* Supplied entries:

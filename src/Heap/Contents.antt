-- ===== src/Heap/Contents.antt =====
-- What the heap operations of lib/heap/include/heap.inc do to the collection of entries.
use native.Mathlib.Numerals.{add-one}
use bradyp_os.Base.{
  ℕ, zero, suc, ◌+◌, ◌-◌, ◌*◌, ◌/◌, ◌^◌, ◌≤◌, ◌<◌, ◌≡◌, ◌⊎◌, inl, inr, ap, sym, ◌∙◌, refl, dec32,
  Bool, arith, ◌==◌, bit,
}
use bradyp_os.Base.Array.{
  Array, store, swap, count, count-store, count-store_ge, count-swap, store_self,
}
use bradyp_os.Heap.{Heap, fail, swim_loop, swim, sink_loop, sink, insert, delete, pop}

le_cases : (i m : ℕ) → i ≤ m → (i < m) ⊎ (i ≡ m)
le_cases i m h = ground arith

module _ (before : ℕ → ℕ → Bool) (x : ℕ) where
  count-swim_loop :
      (fuel : ℕ) (a : Array) (i n : ℕ)
      → i < n
      → count x (swim_loop before fuel a i).0 n ≡ count x a n
  unfolding swim_loop
  count-swim_loop zero a i n h = refl
  count-swim_loop (suc fuel) a i n h = ground (
    arith,
    count-swim_loop fuel (swap a i ((i - 1) / 2)) ((i - 1) / 2) n,
    count-swap x a i ((i - 1) / 2) n,
  )

  count-sink_loop :
      (fuel n : ℕ) (a : Array) (i : ℕ)
      → 1 < n
      → i < n
      → count x (sink_loop before fuel n a i).0 n ≡ count x a n
  unfolding sink_loop
  count-sink_loop zero n a i m h = refl
  count-sink_loop (suc fuel) n a i m h = ground (
    arith,
    count-sink_loop fuel n (swap a (i * 2 + 2) i) (i * 2 + 2),
    count-sink_loop fuel n (swap a (i * 2 + 1) i) (i * 2 + 1),
    count-swap x a (i * 2 + 2) i n,
    count-swap x a (i * 2 + 1) i n,
  )

  pub count-swim : (a : Array) (i n : ℕ) → i < n → count x (swim before a i).0 n ≡ count x a n
  unfolding swim
  count-swim a i n h = ground (arith, count-swim_loop i a i n)

  pub count-sink :
      (n : ℕ) (a : Array) (i : ℕ) → i < n → count x (sink before n a i).0 n ≡ count x a n
  unfolding sink
  count-sink n a i h = ground (arith, count-sink_loop n n a i)

module _ (before : ℕ → ℕ → Bool) (x : ℕ) where
  -- At the end of the heap there is nothing to sink past.
  sink_end : (n : ℕ) (a : Array) → (sink before n a n).0 ≡ a
  unfolding sink sink_loop
  sink_end zero a = refl
  sink_end (suc n) a = ground arith

  -- The last entry takes the place of entry `i`.
  count-replace :
      (m : ℕ) (a : Array) (i : ℕ)
      → i ≤ m
      → count x (sink before m (store a i (a m)) i).0 m + bit (a i == x) ≡ count x a (suc m)
  unfolding count
  count-replace m a i h = elim (le_cases i m h) [
    | inl below ↦
        omega
          (arith, count-sink before x m (store a i (a m)) i below, count-store x a i (a m) m below)
    | inr e ↦ rw (e, sink_end) (omega (arith, count-store_ge x a m (a m) m (omega arith)))
  ]

-- Conservation: every operation but the value that it adds or removes keeps how often each value
-- stands in the heap.
module _ (before : ℕ → ℕ → Bool) (x : ℕ) (h : Heap) where
  -- Inserting into a heap that is not full adds one occurrence of the value, and none of
  -- another value.
  pub count-insert :
      (cap v : ℕ)
      → h.size < cap
      → count x (insert before cap h v).0.items (insert before cap h v).0.size
        ≡ count x h.items h.size + bit (v == x)
  unfolding insert count
  count-insert cap v room = ground (
    arith,
    count-swim before x (store h.items h.size v) h.size (suc h.size),
    count-store_ge x h.items h.size v h.size,
    store_self h.items h.size v,
    add-one h.size,
  )

  pub count-insert_full : (cap v : ℕ) → h.size ≡ cap → insert before cap h v ≡ (h, fail)
  unfolding insert
  count-insert_full cap v full = ground arith

  -- Deleting an entry of the heap, of fewer than 2 ^ 32, takes one occurrence of its value
  -- away, and none of another value.
  pub count-delete :
      (i : ℕ)
      → i < h.size
      → h.size < 2 ^ 32
      → count x (delete before h i).items (delete before h i).size + bit (h.items i == x)
        ≡ count x h.items h.size
  unfolding delete
  count-delete i inside word =
      let last : h.size ≡ suc (dec32 h.size) = omega arith in
      count-replace before x (dec32 h.size) h.items i (omega arith)
      ∙ ap (count x h.items) (sym last)

  -- Popping from a heap that is not empty, of fewer than 2 ^ 32 entries, takes one occurrence
  -- of the root's value away, and none of another value.
  pub count-pop :
      0 < h.size
      → h.size < 2 ^ 32
      → count x (pop before h).items (pop before h).size + bit (h.items 0 == x)
        ≡ count x h.items h.size
  unfolding pop
  count-pop some_left word =
      let last : h.size ≡ suc (dec32 h.size) = omega arith in
      count-replace before x (dec32 h.size) h.items 0 (omega arith)
      ∙ ap (count x h.items) (sym last)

* Assigned task: Working from the listing, state how many lines include "than". The reply must be that number alone.

* Solution below: 2